Decoding Planetary Signatures

 

Question: What do the University of Kentucky, George Washington University, NASA’s  Jet Propulsion Laboratory and the University of Wisconsin have in common?

Answer: These institutions are partners in a consortium funded by NASA’s Astrobiology institute (http://www.geology.wisc.edu/~astrobio/) that is exploring the origin of life on Earth and the possibilities for life on Mars and elsewhere in our solar system.

NASA’s  Astrobiology Institute (NAI) was established in 1998 to foster studies of the origin, evolution, distribution and future of life on Earth and in the Universe (see http://astrobiology.nasa.gov/nai/about/).  This includes how planetary processes give rise to life, how they sustain or inhibit life, and how life can emerge as an important planetary process; how astrophysical processes give rise to planets elsewhere, what the actual distribution of planets is, and whether there are habitable planets outside of our solar system; a determination of whether life exists elsewhere and how to search for and identify it; what the ultimate environmental limits of life are, whether Earth’s biota represent only a subset of the full diversity of life, and the future of Earth’s biota in space.

Chris Romanek, a faculty member in the Department of Earth and Environmental Sciences at UK and a co-investigator on the project, has been studying surface processes and the potential for microbial life on Mars for over twenty years. “Our work on the geochemistry of the martian surface extends back to the early 1990s when I was a post doc at NASA’s Johnson Space Center. At that time, NASA’s exobiology program supported this line of research and astrobiology wasn’t part of the agency’s portfolio.” But with the recognition that microorganisms inhabit  every nook and cranny of earth’s surface, from hydrothermal deep sea vents to African gold mines (> 100°C) to the sea ice and permafrost of the polar regions (<0°C), anywhere liquid water is found, the potential for life elsewhere in the solar system is not so far-fetched.

Romanek, a "top ten" researcher in the field of Mars science for the years 1994 to 2004 (http://www.esi-topics.com/mars/index.html), was one of the first scientists to study the now controversial ALH84001 Martian Meteorite. His original contribution in the journal Nature on the formation temperature of unusual carbonate mineral assemblages in the ALH meteorite, and his follow up paper in Science magazine that proposed a biological origin for these features sparked an international debate on the geological evidence required to verify a biological origin for extraterrestrial materials. Interest in this topic, both from the scientific community and the public, resulted in new funding opportunities, including NASA’s Ancient Martian Meteorite Program and the Astrobiology Institute.

Romanek’s NAI research, which focuses on identifying and developing “biosignatures” for detecting life in the earliest part of Earth's history or on other planetary bodies, supports one post doctoral associate and numerous graduate students at UK as well as visiting scholars from Spain, France, and Turkey. The UK research team is presently investigating geochemical signatures that provide insights into the environments of formation and origin of carbonate minerals that form at temperatures conducive to life. Carbonate minerals are being synthesized in the laboratory under tightly controlled conditions so that inorganic geochemical fingerprints can be distinguished from processes that require organic molecules, including those that may be produced biochemically by living microorganisms. “Once we have the ability to recognize the geochemical and isotopic fingerprints of life in the rock record, we can use this tool to interrogate earth’s oldest sedimentary record and sedimentary rocks that exist on other planetary bodies. Mars presents the perfect opportunity to probe our earliest record of processes that involved liquid water in our solar system because of the lack of plate tectonics. Unfortunately, plate tectonics has consumed or severely altered our earliest record of sedimentary processes on Earth. If life ever did evolve on the red planet, a geochemical signature of life is undoubtedly preserved in rocks and minerals and we have to be ready to decipher it.”
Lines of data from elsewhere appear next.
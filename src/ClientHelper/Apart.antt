-- ===== src/ClientHelper/Apart.antt =====
-- The list of the variables that a client observes under the changes that are not meant for it.
use variables_and_streams_se.Base.{
  ℕ, List, [], ◌∷◌, ◌++◌, true, false, ◌≡◌, ◌≢◌, refl, arith, ◌∙◌, ap, Option, some, none,
  Bool-cases, inl, inr, length, ◌≤◌, ◌<◌, append_assoc, length-append,
}
use variables_and_streams_se.Base.Text.{Text, codes, same, split, onto_first}
use variables_and_streams_se.Base.Decimal.{
  ℤ, pos, negsuc, itoa, itoa_nat, itoa_nat-ne-nil, get_int64, get_int64-itoa_nat, max_int,
}
use variables_and_streams_se.Storage.Path.{dot, scroll, scroll_path, is_prefix, is_prefix-append}
use variables_and_streams_se.Storage.Interface.{IStorage}
use variables_and_streams_se.Storage.Gets.{get_set, get_other}
use variables_and_streams_se.VarHelper.Observers.Keys.{client_nodes}
use variables_and_streams_se.ClientHelper.{
  update_live_time, enlist, set_api, initialize, register_new_observation, get_last_live_time,
}
use variables_and_streams_se.ClientHelper.Keys.{
  client_key, api_id_key, last_live_time_key, list_key, list_count_key,
}
use variables_and_streams_se.ClientHelper.Listed.{set-Listed, delete-Listed}
use variables_and_streams_se.ClientHelper.Paths.{
  observing_nodes, client_path, client_key_path, observing_base, observing_key_path,
  observing_count_path, live_time_path, api_id_path, list_count_path, list_key_nodes,
}
use variables_and_streams_se.ClientHelper.Observing.{
  Observing, beside_observing, live_time-Observing,
}

is_prefix_longer : (p q : List Text) → length q < length p → is_prefix p q ≡ false
unfolding is_prefix
is_prefix_longer [] q h = absurd (omega arith)
is_prefix_longer (a ∷ p) [] h = refl
is_prefix_longer (a ∷ p) (b ∷ q) h = ground (arith, is_prefix_longer p q)

length-onto_first : (c : ℕ) (ps : List Text) → length ps ≤ length (onto_first c ps)
unfolding onto_first
length-onto_first c [] = omega arith
length-onto_first c (p ∷ ps) = omega arith

scroll_short : (curr s : Text) → length (scroll curr s) ≤ length (split dot s)
unfolding scroll split
scroll_short curr [] = omega arith
scroll_short curr (c ∷ s) =
    ground
      (arith, scroll_short [] s, scroll_short (curr ++ c ∷ []) s, length-onto_first c (split dot s))

nodes_short : (client : Text) → length (client_nodes client) ≤ length (split dot client)
unfolding scroll_path
nodes_short [] = omega arith
nodes_short (c ∷ client) = scroll_short [] (c ∷ client)

above_observing :
    (client s : Text)
    → is_prefix (observing_base client ++ s ∷ []) (scroll_path (client_key client)) ≡ false
above_observing client s = is_prefix_longer _ _ (
    rw
      (
        client_key_path,
        length-append (observing_base client) (s ∷ []),
        length-append (client_path client) (codes "observing" ∷ []),
      )
      (omega (arith, nodes_short client)))

beside_live_time :
    (client key : Text) (q : List Text)
    → scroll_path key ≡ observing_base client ++ q
    → is_prefix (client_path client ++ codes "lastLiveTime" ∷ []) (scroll_path key) ≡ false
beside_live_time client key q e =
    rw (e, append_assoc (client_path client) (codes "observing" ∷ []) q, is_prefix-append)
      (unfold is_prefix same in refl)

itoa-ne-nil : (n : ℤ) → itoa n ≢ []
unfolding itoa
itoa-ne-nil (pos n) = itoa_nat-ne-nil n
itoa-ne-nil (negsuc n) = cc

module _ (st : IStorage) (client : Text) where
  open st use {Db, set, get, has_value, delete_value}

  -- A write to a key that is not below the list.
  pub set_beside :
      (key v : Text) (xs : List Text) (db : Db)
      → ((s : Text) → is_prefix (observing_base client ++ s ∷ []) (scroll_path key) ≡ false)
      → Observing st client xs db
      → Observing st client xs (set key v db)
  set_beside key v xs db apart r =
      set-Listed st _ _ (observing_base client) (observing_key_path client)
        (observing_count_path client) key v xs db apart r

  pub delete_beside :
      (key : Text) (xs : List Text) (db : Db)
      → ((s : Text) → is_prefix (scroll_path key) (observing_base client ++ s ∷ []) ≡ false)
      → Observing st client xs db
      → Observing st client xs (delete_value key true db)
  delete_beside key xs db apart r =
      delete-Listed st _ _ (observing_base client) (observing_key_path client)
        (observing_count_path client) key xs db apart r

  enlist-Observing :
      (xs : List Text) (db : Db)
      → Observing st client xs db
      → Observing st client xs (enlist st client db)
  unfolding enlist is_prefix same
  enlist-Observing xs db r =
      let cnt = get_int64 (get list_count_key (codes "0") db) in
      set_beside (client_key client) _ xs _ (above_observing client) (
        set_beside (list_key (itoa cnt)) _ xs _
          (λ s. rw (list_key_nodes (itoa cnt) (itoa-ne-nil cnt)) refl)
          (set_beside list_count_key _ xs _ (λ s. rw list_count_path refl) r))

  api-Observing :
      (api : Option Text) (xs : List Text) (db : Db)
      → Observing st client xs db
      → Observing st client xs (set_api st client api db)
  unfolding set_api
  api-Observing none xs db r = r
  api-Observing (some api_id) xs db r =
      set_beside (api_id_key client) _ xs _
        (λ s. rw api_id_path (beside_observing client s (codes "apiId") (unfold same in refl))) r

  pub initialize-Observing :
      (api : Option Text) (now : ℕ) (xs : List Text) (db : Db)
      → Observing st client xs db
      → Observing st client xs (initialize st client api now db)
  unfolding initialize
  initialize-Observing api now xs db r = elim (Bool-cases (has_value (client_key client) db)) [
    | inl e ↦ rw (e) (live_time-Observing st client now xs _ (api-Observing api xs _ r))
    | inr e ↦
        rw (e) (
          live_time-Observing st client now xs _
            (api-Observing api xs _ (enlist-Observing xs db r)))
  ]

  -- A registration of the client's leaves the time at which it comes.
  pub register_live_time :
      (name : Text) (now : ℕ) (db : Db)
      → now ≤ max_int
      → get_last_live_time st client (register_new_observation st client name now db) ≡ pos now
  unfolding get_last_live_time register_new_observation update_live_time
  register_live_time name now db le =
      ap get_int64 (
        get_other st _ (last_live_time_key client) _ (codes "0") _ (
          rw live_time_path
            (beside_live_time client _ _ (observing_nodes client _ (itoa-ne-nil _))))
        ∙ get_other st _ (last_live_time_key client) _ (codes "0") _
            (rw live_time_path (beside_live_time client _ _ (observing_count_path client)))
        ∙ get_set st (last_live_time_key client) (itoa_nat now) (codes "0") db)
      ∙ get_int64-itoa_nat now le
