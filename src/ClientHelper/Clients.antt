-- ===== src/ClientHelper/Clients.antt =====
-- The list of all clients in the database: the initialisation of a helper and
-- RemoveClientFromObservationSystem.
use variables_and_streams_se.Base.{
  ℕ, List, [], ◌∷◌, ◌++◌, true, ◌≡◌, refl, ◌≤◌, ◌<◌, length, ap, some, none, Option, if◌then◌else◌,
  Bool-cases, inl, inr,
}
use variables_and_streams_se.Base.Text.{Text, codes, same}
use variables_and_streams_se.Base.Decimal.{ℤ, pos, itoa, itoa_nat, get_int64, max_int}
use variables_and_streams_se.Base.Reads.{remove_at}
use variables_and_streams_se.Storage.Path.{scroll_path, is_prefix}
use variables_and_streams_se.Storage.Interface.{IStorage}
use variables_and_streams_se.Storage.Gets.{get_cascade}
use variables_and_streams_se.ClientHelper.{
  update_live_time, enlist, set_api, initialize, delist_at, remove_client_from_observation_system,
}
use variables_and_streams_se.ClientHelper.Keys.{client_key, list_key, list_count_key}
use variables_and_streams_se.ClientHelper.Listed.{
  Listed, append_item, append-Listed, close_gap-Listed, set-Listed, delete-Listed,
}
use variables_and_streams_se.ClientHelper.Paths.{
  list_base, list_key_path, list_count_path, client_key_path, live_time_path, api_id_path,
}

module _ (st : IStorage) where
  open st use {Db, set, get, has_value, delete_value, Sound}

  -- The database holds this list of clients.
  abbrev pub Clients : List Text → Db → Type 0
  Clients = Listed st list_key list_count_key

  set_of_client :
      (key v : Text) (p : List Text) (xs : List Text) (db : Db)
      → scroll_path key ≡ codes "internal" ∷ codes "clients" ∷ codes "byId" ∷ p
      → Clients xs db
      → Clients xs (set key v db)
  unfolding is_prefix same
  set_of_client key v p xs db e r =
      set-Listed st list_key list_count_key list_base list_key_path list_count_path key v xs db
        (λ s. rw e refl) r

module _ (st : IStorage) (client : Text) where
  open st use {Db, set, get, has_value, delete_value, Sound}

  enlisted :
      (n : ℕ) (db : Db)
      → get_int64 (get list_count_key (codes "0") db) ≡ pos n
      → enlist st client db
        ≡ set
            (client_key client)
            (itoa_nat n)
            (append_item st list_key list_count_key client (pos n) db)
  unfolding enlist append_item itoa
  enlisted n db e =
      ap
        (λ (m : ℤ).
          set (client_key client) (itoa m) (append_item st list_key list_count_key client m db))
        e

  live_time-Clients :
      (now : ℕ) (xs : List Text) (db : Db)
      → Clients st xs db
      → Clients st xs (update_live_time st client now db)
  unfolding update_live_time
  live_time-Clients now xs db r = set_of_client st _ _ _ xs db (live_time_path client) r

  api-Clients :
      (api : Option Text) (xs : List Text) (db : Db)
      → Clients st xs db
      → Clients st xs (set_api st client api db)
  unfolding set_api
  api-Clients none xs db r = r
  api-Clients (some api_id) xs db r = set_of_client st _ _ _ xs db (api_id_path client) r

  enlist-Clients :
      (xs : List Text) (db : Db)
      → length xs < max_int
      → Clients st xs db
      → Clients st (xs ++ client ∷ []) (enlist st client db)
  enlist-Clients xs db lt r = rw (enlisted (length xs) db r.counted) (
      set_of_client st _ _ _ _ _ (client_key_path client) (
        append-Listed st list_key list_count_key list_base list_key_path list_count_path client xs
          db lt r))

  -- A new client comes last; one that is known stays where it is.
  pub initialize-Clients :
      (api : Option Text) (now : ℕ) (xs : List Text) (db : Db)
      → length xs < max_int
      → Clients st xs db
      → Clients st
          (if has_value (client_key client) db then xs else xs ++ client ∷ [])
          (initialize st client api now db)
  unfolding initialize
  initialize-Clients api now xs db lt r = elim (Bool-cases (has_value (client_key client) db)) [
    | inl e ↦ rw (e) (live_time-Clients now _ _ (api-Clients api _ _ r))
    | inr e ↦ rw (e) (live_time-Clients now _ _ (api-Clients api _ _ (enlist-Clients xs db lt r)))
  ]

  delist-Clients :
      (i : ℕ) (xs : List Text) (db : Db)
      → length xs ≤ max_int
      → i < length xs
      → Clients st xs db
      → Clients st (remove_at i xs) (delist_at st client (pos i) db)
  unfolding delist_at
  delist-Clients i xs db le lt r = rw r.counted (
      close_gap-Listed st list_key list_count_key list_base list_key_path list_count_path i xs db le
        lt r)

  removed :
      (i : ℕ) (db : Db)
      → get_int64 (get (client_key client) (codes "-1") db) ≡ pos i
      → remove_client_from_observation_system st client db
        ≡ delete_value (client_key client) true (delist_at st client (pos i) db)
  unfolding remove_client_from_observation_system
  removed i db e =
      ap (λ (z : ℤ). delete_value (client_key client) true (delist_at st client z db)) e

  -- The entry at the index that the database has of the client goes, and with the client's node goes
  -- all that is below it.
  pub remove_client-Clients :
      (i : ℕ) (xs : List Text) (key d : Text) (db : Db)
      → length xs ≤ max_int
      → i < length xs
      → get_int64 (get (client_key client) (codes "-1") db) ≡ pos i
      → is_prefix (scroll_path (client_key client)) (scroll_path key) ≡ true
      → Clients st xs db
      → Clients st (remove_at i xs) (remove_client_from_observation_system st client db)
        × (get key d (remove_client_from_observation_system st client db) ≡ d)
  unfolding is_prefix same
  remove_client-Clients i xs key d db le lt e below r =
      let less = delist-Clients i xs db le lt r in
      rw (removed i db e) (
        delete-Listed st list_key list_count_key list_base list_key_path list_count_path
            (client_key client) (remove_at i xs) _ (λ s. rw client_key_path refl) less,
        rw (get_cascade st _ key d _ less.sound, below) refl,
      )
With our present suite of orbiting spacecraft and rovers and the recent launch of the Mars Science Laboratory (MSL) in November, scientists have the opportunity to understand the sedimentary rock record on Mars with unprecedented resolving power and sophistication.  “Our group hopes that upcoming satellite and rover discoveries will benefit from the work we are doing now in the laboratory through our NAI collaborations.”

Although Romanek’s initial NAI grant is drawing to a close, the consortium is actively engaged in preparing their next multi-million dollar proposal to extend their project for another five years. UK participants in the renewal include Romanek, post doc Chakraborty and a cadre of undergraduate and graduate students from EES as well as faculty from the Department of Chemistry (Marcel Guzman), and additional collaborators from UCLA and Montana State University. It has been an exciting journey from the laboratory to the surface of Mars and back, and it is one that Romanek hopes to continue well into the future at the University of Kentucky.